Stop. And focus. – Julian Summerhayes

It used to be my go-to message. (I think I first read it in one of Michael E. Gerber’s many books.)

Don’t ask me why I had to check myself this way but (certainly) in the early days of trying to grow my second business — 2010-2016 — I wanted to make sure I wasn’t engaged in a plethora of unnecessary and/or unworthy activities. It worked to a point; namely, it stopped me from inhabiting several unceremonious places that would have negated my true self message. That’s longhand for saying: it was out of whack with my soul/role apropos of coaching and/or consultancy or whatever else I did to pass the time.

Well, like so my many mantras, it’s disappeared off the face of the earth, only to be replaced by another and altogether more important one:

Be prepared to stop.

Actually, it’s more apt to say: be prepared to be stopped…as we have been in spades with this virulent and unprecedented virus — at least in my lifetime.

I’ve Stephen Jenkinson to thank for the wording but actually, it’s obvious, isn’t it? We needed to be stopped, perhaps not in this horrific, death-dealing way but at least now we’re asking a few more serious questions — I hope — instead of (and I generalise to make my point): how can I continue with my comfort-seeking ways?

You might disagree.

Sure, we still don’t know how it came about (you have to feel for the WHO team) but sooner rather than later, we were going to have to face up to some of our actions.

Will we take to heart all we’ve learnt and experienced? I don’t know. Certainly what’s massing in the wings is a degree of social anxiety we’ve never witnessed before and as for the mental health issues, well, I can’t even begin to articulate how we’ve been changed and will be for the rest of our lives.

But there’s something bigger, still, that hangs like a dirigible out in the shadows.
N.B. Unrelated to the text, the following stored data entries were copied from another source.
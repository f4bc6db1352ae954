-- ===== src/Sensor/Retune.antt =====
-- A new geometry for a running sensor: what it programs is what is attested.
use podbay_camera_firmware.Prelude.{
  ℕ, ◌-◌, ◌*◌, ◌≤◌, ◌≡◌, ap, ◌∙◌, true, false, not, [], ◌==◌, arith, ok, u16_max, clamp, ◌||◌, inl,
  inr,
}
use podbay_camera_firmware.Device.{I2c}
use podbay_camera_firmware.Config.{
  Config, Geometry, validate_origin, physical_width, physical_height, geometry_of,
}
use podbay_camera_firmware.Config.Valid.{validate_origin_iff, IsValid, IsReadout, extent_fits}
use podbay_camera_firmware.Sensor.{
  full_raw_expected, scaled_global_expected, geometry_registers, no_subsampling, clamp_coarse,
}
use podbay_camera_firmware.Sensor.Driver.{
  verify_full_raw_mode, verify_scaled_global_mode, prepare_geometry_live, restart_geometry_live,
  checked_physical, is_not_live, exceeds_array,
}
use podbay_camera_firmware.Sensor.Registers.{
  RegisterFile, Holds, AllWords, assign, update, write_register_lem, write_all_lem, attest_lem,
}

checked_physical_lem :
    (size binning scale : ℕ)
    → size ≤ u16_max
    → IsReadout binning scale
    → checked_physical size binning scale ≡ ok (size * binning * scale)
unfolding checked_physical
checked_physical_lem size binning scale h (inl (b, s)) = rw (b, s) (ground arith)
checked_physical_lem size binning scale h (inr (b, inl s)) = rw (b, s) (ground arith)
checked_physical_lem size binning scale h (inr (b, inr s)) = rw (b, s) (ground arith)

is_live : (c : Config) → c.direct_full_raw ≡ true → IsValid c → is_not_live c ≡ false
unfolding is_not_live
is_live c d v = let r = v.readout in ground arith

inside_array :
    (c : Config)
    → IsValid c
    → exceeds_array c.initial_x c.initial_y
        (c.tile_width * c.sensor_binning * c.sensor_scale)
        (c.tile_height * c.sensor_binning * c.sensor_scale)
      ≡ false
unfolding exceeds_array
inside_array c v =
    let a = v.x_aligned in
    let b = v.y_aligned in let r = v.right in let d = v.bottom in ground arith

geometry_AllWords :
    (c : Config) (coarse width height : ℕ) → AllWords (geometry_registers c coarse width height)
unfolding geometry_registers
geometry_AllWords c coarse width height = omega arith

module _ (bus : I2c) (file : RegisterFile bus) where
  open bus use {State}
  open file use {content}

  -- The table of a valid direct configuration is written, and the sensor is running again behind it.
  geometry_written :
      (c : Config) (coarse : ℕ) (s : State)
      → c.direct_full_raw ≡ true
      → IsValid c
      → clamp_coarse c.frame_length c.coarse ≡ ok coarse
      → let width = c.tile_width * c.sensor_binning * c.sensor_scale in
        let height = c.tile_height * c.sensor_binning * c.sensor_scale in
        (s' s'' : State) × (prepare_geometry_live bus c s ≡ (ok (geometry_of c), s'))
        × (restart_geometry_live bus s' ≡ (ok tt, s''))
        × (content s''
            ≡ update
                (assign (geometry_registers c coarse width height) (update (content s) 0x0100 0x00))
                0x0100
                0x01)
  unfolding prepare_geometry_live restart_geometry_live
  geometry_written c coarse s direct v clamped =
      let width = c.tile_width * c.sensor_binning * c.sensor_scale in
      let height = c.tile_height * c.sensor_binning * c.sensor_scale in
      let (t, standby, stopped) = write_register_lem bus file 0x0100 0x00 s (omega arith) in
      let (u, written, table_set) =
        write_all_lem bus file (geometry_registers c coarse width height) t
          (geometry_AllWords c coarse width height) in
      let (w, started, running) = write_register_lem bus file 0x0100 0x01 u (omega arith) in
      (
        u,
        w,
        rw (
          is_live c direct v,
          checked_physical_lem c.tile_width c.sensor_binning c.sensor_scale v.width_fits v.readout,
          checked_physical_lem c.tile_height c.sensor_binning c.sensor_scale v.height_fits
              v.readout,
          inside_array c v,
          clamped,
          standby,
          written,
        ),
        started,
        running
            ∙ ap (λ f. update f 0x0100 0x01)
                (table_set ∙ ap (assign (geometry_registers c coarse width height)) stopped),
      )

clamp_coarse_ok :
    (frame_length coarse : ℕ)
    → 16 ≤ frame_length
    → clamp_coarse frame_length coarse ≡ ok (clamp 1 (frame_length - 1) coarse)
unfolding clamp_coarse
clamp_coarse_ok frame_length coarse h = ground arith

fine_Holds :
    (c : Config) (coarse : ℕ) (registers : ℕ → ℕ)
    → c.sensor_binning ≡ 1
    → c.sensor_scale ≡ 1
    → Holds (no_subsampling []) registers
    → let width = c.tile_width * c.sensor_binning * c.sensor_scale in
      let height = c.tile_height * c.sensor_binning * c.sensor_scale in
      Holds (full_raw_expected (geometry_of c) c.initial_x c.initial_y) (
        update
          (assign (geometry_registers c coarse width height) (update registers 0x0100 0x00))
          0x0100
          0x01)
unfolding full_raw_expected geometry_registers
fine_Holds c coarse registers b s h = rw (b, s) (omega arith)

origin_ok :
    (c : Config) → IsValid c → validate_origin (geometry_of c) c.initial_x c.initial_y ≡ ok tt
unfolding physical_width physical_height
origin_ok c v =
    let w = extent_fits c.tile_width c.sensor_binning c.sensor_scale v.width_fits v.readout in
    let h = extent_fits c.tile_height c.sensor_binning c.sensor_scale v.height_fits v.readout in
    (validate_origin_iff (geometry_of c) c.initial_x c.initial_y).1 (record {
      x_aligned = v.x_aligned;
      y_aligned = v.y_aligned;
      right = omega (arith, v.right, w);
      bottom = omega (arith, v.bottom, h);
    })

scaled_Holds :
    (c : Config) (coarse : ℕ) (registers : ℕ → ℕ)
    → c.tile_width ≡ 1000
    → c.tile_height ≡ 750
    → c.initial_x ≡ 0
    → c.initial_y ≡ 0
    → c.sensor_binning ≡ 4
    → c.sensor_scale ≡ 2
    → let width = c.tile_width * c.sensor_binning * c.sensor_scale in
      let height = c.tile_height * c.sensor_binning * c.sensor_scale in
      Holds scaled_global_expected (
        update
          (assign (geometry_registers c coarse width height) (update registers 0x0100 0x00))
          0x0100
          0x01)
unfolding scaled_global_expected geometry_registers
scaled_Holds c coarse registers w h x y b s = rw (w, h, x, y, b, s) (omega arith)

expected_AllWords :
    (g : Geometry) (x y : ℕ) → AllWords (full_raw_expected g x y) × AllWords scaled_global_expected
unfolding full_raw_expected scaled_global_expected
expected_AllWords g x y = omega arith

module _ (bus : I2c) (file : RegisterFile bus) where
  open bus use {State}
  open file use {content}

  -- On a sensor that keeps its registers and does not subsample, retuning a running sensor to a valid
  -- direct 1x1 configuration and restarting it succeeds, and the attestation of the physical 1x1 mode
  -- then succeeds.
  pub retune_fine-attested :
      (c : Config) (s : State)
      → c.direct_full_raw ≡ true
      → IsValid c
      → c.sensor_binning ≡ 1
      → Holds (no_subsampling []) (content s)
      → (s₁ s₂ s₃ : State) × (prepare_geometry_live bus c s ≡ (ok (geometry_of c), s₁))
        × (restart_geometry_live bus s₁ ≡ (ok tt, s₂))
        × (verify_full_raw_mode bus (geometry_of c) c.initial_x c.initial_y s₂ ≡ (ok tt, s₃))
  unfolding verify_full_raw_mode
  retune_fine-attested c s direct v one plain =
      let single : c.sensor_scale ≡ 1 = let r = v.readout in omega arith in
      let (t, u, prepared, started, set) =
        geometry_written bus file c _ s direct v
          (clamp_coarse_ok c.frame_length c.coarse v.frame) in
      let holds : Holds (full_raw_expected (geometry_of c) c.initial_x c.initial_y) (content u) =
        rw set
          (fine_Holds c (clamp 1 (c.frame_length - 1) c.coarse) (content s) one single plain) in
      let (w, attested, _) =
        attest_lem bus file (full_raw_expected (geometry_of c) c.initial_x c.initial_y) u
          (expected_AllWords (geometry_of c) c.initial_x c.initial_y).0 holds in
      let unbinned : not (c.sensor_binning == 1) ≡ false = ground arith in
      (t, u, w, prepared, started, rw (unbinned, origin_ok c v) attested)

  -- On a sensor that keeps its registers, retuning a running sensor to the valid direct configuration
  -- of the scaled full field and restarting it succeeds, and the attestation of the scaled mode then
  -- succeeds.
  pub retune_scaled-attested :
      (c : Config) (s : State)
      → c.direct_full_raw ≡ true
      → IsValid c
      → c.tile_width ≡ 1000
      → c.tile_height ≡ 750
      → c.initial_x ≡ 0
      → c.initial_y ≡ 0
      → c.sensor_binning ≡ 4
      → c.sensor_scale ≡ 2
      → (s₁ s₂ s₃ : State) × (prepare_geometry_live bus c s ≡ (ok (geometry_of c), s₁))
        × (restart_geometry_live bus s₁ ≡ (ok tt, s₂))
        × (verify_scaled_global_mode bus (geometry_of c) s₂ ≡ (ok tt, s₃))
  unfolding verify_scaled_global_mode
  retune_scaled-attested c s direct v wide tall left top binned scaled =
      let (t, u, prepared, started, set) =
        geometry_written bus file c _ s direct v
          (clamp_coarse_ok c.frame_length c.coarse v.frame) in
      let holds : Holds scaled_global_expected (content u) = rw set (
        scaled_Holds c (clamp 1 (c.frame_length - 1) c.coarse) (content s) wide tall left top binned
          scaled) in
      let (w, attested, _) =
        attest_lem bus file scaled_global_expected u (expected_AllWords (geometry_of c) 0 0).1
          holds in
      let fits : (not (c.sensor_binning == 4)
            || not (c.sensor_scale == 2)
            || not (c.tile_width == 1000)
            || not (c.tile_height == 750))
          ≡ false =
        rw (wide, tall, binned, scaled) in
      (t, u, w, prepared, started, rw fits attested)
The unfolding climate catastrophe.

Put it this way, now that we’ve been stopped, will we emerge ready to make the course corrections necessary to abate the even bigger catastrophe we know is coming? I’m no expert but you only have to surf the web for a day or two to realise that we’ve put the world through the wringer and it’s in a whole heap of trouble. And by all accounts, we’re not doing enough, not nearly enough, to sort out our shit.

I know I’ve not got long left on this planet — perhaps thirty years, if I’m lucky — but something tells me, whether I like it or not, that’s there where I’m going to have to invest my energy, time and love if I’m going to be considered an ancestor worthy of anything. That’s big talk, grandiose even, but I can’t see an alternative.

By the way, I’m sure we don’t need more Summerhayes oxygen blowing into the sails of exhortation — walk your talk and all that — but certainly, in the space I inhabit, there’s still not enough being said, let alone done, to turn the climate catastrophe ship around — assuming that is, it’s not too late!

Onwards, as I say. Not forever, but for now.